### To do
How many lines below include the word "List"? State that number and nothing else.

--- Material shown Enclosed Below ---

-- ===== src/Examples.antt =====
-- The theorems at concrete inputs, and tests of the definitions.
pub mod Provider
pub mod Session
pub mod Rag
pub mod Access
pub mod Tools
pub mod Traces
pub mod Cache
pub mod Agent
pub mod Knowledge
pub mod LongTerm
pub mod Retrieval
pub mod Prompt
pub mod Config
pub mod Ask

--- End of Enclosed Material shown ---
--- Material shown Enclosed Below ---

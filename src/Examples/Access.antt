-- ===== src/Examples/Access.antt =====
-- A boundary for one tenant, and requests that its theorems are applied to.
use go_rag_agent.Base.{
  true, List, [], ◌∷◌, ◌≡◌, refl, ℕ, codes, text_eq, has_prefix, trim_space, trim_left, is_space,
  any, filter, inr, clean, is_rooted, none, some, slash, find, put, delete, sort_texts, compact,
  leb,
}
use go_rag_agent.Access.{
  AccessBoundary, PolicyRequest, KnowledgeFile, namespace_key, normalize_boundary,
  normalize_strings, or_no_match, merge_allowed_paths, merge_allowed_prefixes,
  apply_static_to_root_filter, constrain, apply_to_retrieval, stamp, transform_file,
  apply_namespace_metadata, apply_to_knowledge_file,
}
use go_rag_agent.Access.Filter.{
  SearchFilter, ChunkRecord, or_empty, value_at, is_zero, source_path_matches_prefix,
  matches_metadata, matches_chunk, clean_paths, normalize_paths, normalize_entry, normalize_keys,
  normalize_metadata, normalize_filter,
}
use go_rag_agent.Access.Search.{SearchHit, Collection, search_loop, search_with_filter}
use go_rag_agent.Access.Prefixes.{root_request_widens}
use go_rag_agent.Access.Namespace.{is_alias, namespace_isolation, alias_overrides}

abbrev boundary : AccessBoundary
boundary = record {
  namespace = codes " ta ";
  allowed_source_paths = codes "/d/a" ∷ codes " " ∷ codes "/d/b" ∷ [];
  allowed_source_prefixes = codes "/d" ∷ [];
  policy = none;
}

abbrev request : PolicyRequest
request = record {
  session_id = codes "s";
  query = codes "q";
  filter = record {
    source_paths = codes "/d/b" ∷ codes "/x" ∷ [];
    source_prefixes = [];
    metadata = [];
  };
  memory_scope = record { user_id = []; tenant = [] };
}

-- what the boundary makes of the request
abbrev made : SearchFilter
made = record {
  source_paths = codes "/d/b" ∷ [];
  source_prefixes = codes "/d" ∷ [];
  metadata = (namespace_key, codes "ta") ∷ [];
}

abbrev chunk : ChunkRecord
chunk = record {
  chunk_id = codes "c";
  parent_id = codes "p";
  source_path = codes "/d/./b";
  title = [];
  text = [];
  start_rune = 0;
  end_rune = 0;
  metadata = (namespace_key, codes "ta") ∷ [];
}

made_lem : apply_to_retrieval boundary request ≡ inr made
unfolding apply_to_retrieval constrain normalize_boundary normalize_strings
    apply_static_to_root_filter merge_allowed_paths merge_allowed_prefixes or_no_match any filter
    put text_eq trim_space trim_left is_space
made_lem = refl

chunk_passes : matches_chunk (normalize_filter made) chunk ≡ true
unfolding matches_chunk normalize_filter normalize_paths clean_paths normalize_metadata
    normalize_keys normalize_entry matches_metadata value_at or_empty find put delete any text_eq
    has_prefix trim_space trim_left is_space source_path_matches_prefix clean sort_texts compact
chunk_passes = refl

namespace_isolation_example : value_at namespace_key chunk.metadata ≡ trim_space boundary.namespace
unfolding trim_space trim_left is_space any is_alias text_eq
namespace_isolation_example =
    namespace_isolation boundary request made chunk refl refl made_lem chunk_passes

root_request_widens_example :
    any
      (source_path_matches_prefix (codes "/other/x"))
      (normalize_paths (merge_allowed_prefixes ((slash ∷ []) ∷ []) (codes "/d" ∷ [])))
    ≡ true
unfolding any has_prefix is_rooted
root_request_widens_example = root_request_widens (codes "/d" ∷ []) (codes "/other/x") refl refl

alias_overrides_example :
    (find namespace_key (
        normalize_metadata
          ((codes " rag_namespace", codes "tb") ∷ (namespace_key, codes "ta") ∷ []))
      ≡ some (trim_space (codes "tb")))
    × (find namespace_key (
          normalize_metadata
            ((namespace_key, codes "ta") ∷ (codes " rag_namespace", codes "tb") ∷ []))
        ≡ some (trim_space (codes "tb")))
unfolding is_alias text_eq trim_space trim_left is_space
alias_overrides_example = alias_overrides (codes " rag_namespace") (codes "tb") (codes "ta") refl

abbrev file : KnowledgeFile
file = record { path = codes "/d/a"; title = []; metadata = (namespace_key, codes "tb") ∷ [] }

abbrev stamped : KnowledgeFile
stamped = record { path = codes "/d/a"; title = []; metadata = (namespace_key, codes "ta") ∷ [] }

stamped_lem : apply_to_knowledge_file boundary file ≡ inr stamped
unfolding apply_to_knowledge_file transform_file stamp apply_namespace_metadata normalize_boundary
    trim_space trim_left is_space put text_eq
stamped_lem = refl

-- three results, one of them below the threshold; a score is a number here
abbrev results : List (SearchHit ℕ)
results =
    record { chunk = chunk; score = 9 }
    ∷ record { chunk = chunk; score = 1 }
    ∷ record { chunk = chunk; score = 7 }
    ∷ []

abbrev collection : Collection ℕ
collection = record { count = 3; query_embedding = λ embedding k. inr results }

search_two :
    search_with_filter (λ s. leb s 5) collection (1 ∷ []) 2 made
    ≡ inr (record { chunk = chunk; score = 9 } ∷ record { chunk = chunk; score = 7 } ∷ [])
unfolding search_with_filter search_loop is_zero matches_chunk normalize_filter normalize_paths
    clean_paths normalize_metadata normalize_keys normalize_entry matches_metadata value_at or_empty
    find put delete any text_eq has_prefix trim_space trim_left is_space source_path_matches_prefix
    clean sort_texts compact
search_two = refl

--- End of Enclosed Material shown ---

### Answer to this problem
2